[DATA IN THIS EXERCISE]:
--------------------------------------------------

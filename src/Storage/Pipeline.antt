-- ===== src/Storage/Pipeline.antt =====
-- The pipeline of the uploads, storage/src/pipeline.rs and storage/src/transcode.rs: a batch of files is
-- encoded, and each is committed and answered. The tasks of a batch run one after the other here; they
-- share no path. The backend, ffmpeg and the contents of files are parameters.
pub mod Accept
pub mod Batch
pub mod Each
pub mod Answers
use sc_desktop_beautiful.Prelude.{
  Bool, List, Option, [], false, if◌then◌else◌, leb, ltb, none, some, suc, true, zero, ℕ, ◌&&◌,
  ◌||◌, ◌++◌, ◌+◌, ◌∷◌, not,
}
use sc_desktop_beautiful.Prelude.Outcome.{Outcome, ok, panic, ◌>>=◌}
use sc_desktop_beautiful.Prelude.Text.{codes, split}
use sc_desktop_beautiful.Storage.Files.{Files, remove, write}
use sc_desktop_beautiful.Storage.Local.{BackendError, Committed, failed, fine, not_found, probe}

-- In milliseconds.
abbrev pub min_upload_duration : ℕ
min_upload_duration = 30000

pub data PipelineError : Type 0 where
  track_too_short : ℕ → ℕ → PipelineError
  ffmpeg : List ℕ → PipelineError
  backend : List ℕ → PipelineError
  internal : List ℕ → PipelineError

-- `Result<PipelineOutput, PipelineError>`
pub data Result : Type 0 where
  output : ℕ → Result
  error : PipelineError → Result

-- A job is answered on a channel of its own, `id`, and `staged` is the fresh name of its output.
pub record PipelineJob : Type 0 where
  pub id : ℕ
  pub source : List ℕ
  pub filename : List ℕ
  pub staged : List ℕ

pub record Answer : Type 0 where
  pub id : ℕ
  pub result : Result

pub record World : Type 0 where
  pub files : Files
  pub answers : List Answer
  pub published : List (List ℕ × List ℕ)

-- How a run of ffmpeg ends.
pub data Ran : Type 0 where
  encoded : Ran
  exited : List ℕ → Ran
  not_started : List ℕ → Ran

unfoldable pub stage_output : List ℕ → PipelineJob → List ℕ
stage_output dir job =
    dir ++ codes "/." ++ job.filename ++ codes "." ++ job.staged ++ codes ".tmp.m4a"

-- `backend::key_for`
unfoldable pub key_for : List ℕ → List ℕ
key_for filename = filename ++ codes ".m4a"

unfoldable pub write_outputs : (Option ℕ → ℕ) → List (List ℕ × List ℕ) → Files → Files
write_outputs encode [] files = files
write_outputs encode ((input, out) ∷ rest) files =
    write_outputs encode rest (write out (encode (files input)) files)

unfoldable pub remove_outputs : List (List ℕ × List ℕ) → Files → Files
remove_outputs [] files = files
remove_outputs ((input, out) ∷ rest) files = remove_outputs rest (remove out files)

-- The error, if there is one, and the files.
unfoldable pub run_ffmpeg_batch :
    (Option ℕ → ℕ) → Ran → List (List ℕ × List ℕ) → Files → Option (List ℕ) × Files
run_ffmpeg_batch encode encoded paths files = (none, write_outputs encode paths files)
run_ffmpeg_batch encode (exited m) paths files = (some m, remove_outputs paths files)
run_ffmpeg_batch encode (not_started m) paths files = (some m, files)

-- `bus::sc_track_id_from_filename`
unfoldable pub all_digits : List ℕ → Bool
all_digits [] = true
all_digits (c ∷ cs) = leb 48 c && leb c 57 && all_digits cs

unfoldable pub last_part : List ℕ → List (List ℕ) → List ℕ
last_part part [] = part
last_part part (p ∷ ps) = last_part p ps

unfoldable pub is_empty_text : List ℕ → Bool
is_empty_text [] = true
is_empty_text (c ∷ cs) = false

unfoldable pub sc_track_id_from_filename : List ℕ → Option (List ℕ)
sc_track_id_from_filename filename =
    let (part, parts) = split 95 filename in
    let last = last_part part parts in
    if not (is_empty_text last) && all_digits last then some last else none

-- What the pipeline is set up with: the backend by the number of the attempt, ffmpeg by its inputs,
-- what it makes of a content, how long a content lasts, how an error reads, how often a commit is
-- tried again, whether there is a bus for what is uploaded, and the address of the service.
pub record Setup : Type 0 where
  pub commit_transcode : ℕ → List ℕ → List ℕ → List ℕ → Files → Committed × Files
  pub run : List (List ℕ) → Ran
  pub encode : Option ℕ → ℕ
  pub lasts : ℕ → Option ℕ
  pub error_text : BackendError → List ℕ
  pub upload_retries : ℕ
  pub bus_enabled : Bool
  pub event_base_url : List ℕ
  pub result_path : List ℕ

module _ (s : Setup) where
  -- What is done about an attempt, `rest` being the next one.
  unfoldable pub attempted :
      ℕ
      → List ℕ
      → Outcome (Option PipelineError × Files)
      → Committed × Files
      → Outcome (Option PipelineError × Files)
  attempted attempt src rest (fine, files) = ok (none, files)
  attempted attempt src rest (failed not_found, files) =
      ok (some (backend (codes "source disappeared")), files)
  attempted attempt src rest (failed e, files) =
      if leb (s.upload_retries + 1) (attempt + 1)
      then ok (some (backend (s.error_text e)), remove src files)
      else rest

  -- The loop, on as many attempts as are given. One that runs out of them counts as a panic.
  unfoldable pub process_writer_job :
      ℕ → ℕ → List ℕ → List ℕ → List ℕ → Files → Outcome (Option PipelineError × Files)
  process_writer_job zero attempt key src filename files = panic
  process_writer_job (suc left) attempt key src filename files =
      let out = s.commit_transcode attempt key src filename files in
      let rest = process_writer_job left (attempt + 1) key src filename out.1 in
      attempted attempt src rest out

  -- `commit_single`: the staged output of a commit that failed goes.
  unfoldable pub swept : List ℕ → Option PipelineError × Files → Option PipelineError × Files
  swept tmp (none, files) = (none, files)
  swept tmp (some e, files) = (some e, remove tmp files)

  unfoldable pub commit_single : List ℕ → List ℕ → Files → Outcome (Option PipelineError × Files)
  commit_single filename tmp files = do
    out ← process_writer_job (s.upload_retries + 1) 0 (key_for filename) tmp filename files
    ok (swept tmp out)

  -- The id of the track and the address of the file.
  unfoldable pub publish_uploaded : List ℕ → List (List ℕ × List ℕ) → List (List ℕ × List ℕ)
  publish_uploaded filename published =
      if not s.bus_enabled || is_empty_text s.event_base_url
      then published
      else elim (sc_track_id_from_filename filename) [
        | none ↦ published
        | some id ↦
            (id, s.event_base_url ++ codes "/redirect/" ++ filename ++ codes ".m4a") ∷ published
      ]

  -- The job, its duration and its staged output.
  abbrev pub Accepted : Type 0
  Accepted = PipelineJob × ℕ × List ℕ

  unfoldable pub answered : Accepted → World → Option PipelineError × Files → World
  answered (job, secs, out) w (none, files) = record {
    files = remove job.source files;
    answers = record { id = job.id; result = output secs } ∷ w.answers;
    published = publish_uploaded job.filename w.published;
  }
  answered (job, secs, out) w (some e, files) = record {
    files = remove job.source files;
    answers = record { id = job.id; result = error e } ∷ w.answers;
    published = w.published;
  }

  -- The task of `spawn_commit`
  unfoldable pub spawn_commit : Accepted → World → Outcome World
  spawn_commit a w = do out ← commit_single a.0.filename a.2 w.files; ok (answered a w out)

  -- `for (job, secs, out) in accepted`
  unfoldable pub for_each :
      (Accepted → World → Outcome World) → List Accepted → World → Outcome World
  for_each step [] w = ok w
  for_each step (a ∷ more) w = do w' ← step a w; for_each step more w'

  unfoldable pub give_up : List ℕ → Accepted → World → Outcome World
  give_up m (job, secs, out) w = ok (record w {
    files = remove job.source w.files;
    answers = record { id = job.id; result = error (ffmpeg m) } ∷ w.answers;
  })

  -- A file that is encoded alone, after the batch failed.
  unfoldable pub retried : Accepted → World → Option (List ℕ) × Files → Outcome World
  retried a w (none, files) = spawn_commit a (record w { files = files })
  retried a w (some m, files) = give_up m a (record w { files = files })

  unfoldable pub retry_single : Accepted → World → Outcome World
  retry_single a w =
      retried a w
        (run_ffmpeg_batch s.encode (s.run (a.0.source ∷ [])) ((a.0.source, a.2) ∷ []) w.files)

  unfoldable pub is_too_short : ℕ → Bool
  is_too_short secs = ltb 0 secs && leb secs min_upload_duration

  unfoldable pub unwrap_or_zero : Option ℕ → ℕ
  unwrap_or_zero none = 0
  unwrap_or_zero (some secs) = secs

  -- Which jobs are accepted, and what is done about the others. All durations are probed first.
  unfoldable pub accept : List (PipelineJob × ℕ) → World → List Accepted × World
  accept [] w = ([], w)
  accept ((job, secs) ∷ jobs) w =
      let turned_away = accept jobs (record w {
        files = remove job.source w.files;
        answers =
            record { id = job.id; result = error (track_too_short secs min_upload_duration) }
            ∷ w.answers;
      }) in
      let others = accept jobs w in
      if is_too_short secs
      then turned_away
      else ((job, secs, stage_output s.result_path job) ∷ others.0, others.1)

  abbrev pub paths : List Accepted → List (List ℕ × List ℕ)
  paths [] = []
  paths ((job, secs, out) ∷ more) = (job.source, out) ∷ paths more

  abbrev pub sources : List Accepted → List (List ℕ)
  sources [] = []
  sources ((job, secs, out) ∷ more) = job.source ∷ sources more

  unfoldable pub batch_ran : List Accepted → World → Option (List ℕ) × Files → Outcome World
  batch_ran more w (none, files) = for_each spawn_commit more (record w { files = files })
  batch_ran (a ∷ []) w (some m, files) = give_up m a (record w { files = files })
  batch_ran more w (some m, files) = for_each retry_single more (record w { files = files })

  unfoldable pub run_accepted : List Accepted × World → Outcome World
  run_accepted ([], w) = ok w
  run_accepted (a ∷ more, w) =
      batch_ran (a ∷ more) w
        (run_ffmpeg_batch s.encode (s.run (sources (a ∷ more))) (paths (a ∷ more)) w.files)

  abbrev pub probed : Files → List PipelineJob → List (PipelineJob × ℕ)
  probed files [] = []
  probed files (job ∷ jobs) =
      (job, unwrap_or_zero (probe s.lasts (files job.source))) ∷ probed files jobs

  unfoldable pub run_batch : List PipelineJob → World → Outcome World
  run_batch jobs w = run_accepted (accept (probed w.files jobs) w)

--------------------------------------------------

All lines above that include the word "fine" must be copied into the answer.

[COMPLETED EXERCISE]:
use sc_desktop_beautiful.Storage.Local.{BackendError, Committed, failed, fine, not_found, probe}
  attempted attempt src rest (fine, files) = ok (none, files)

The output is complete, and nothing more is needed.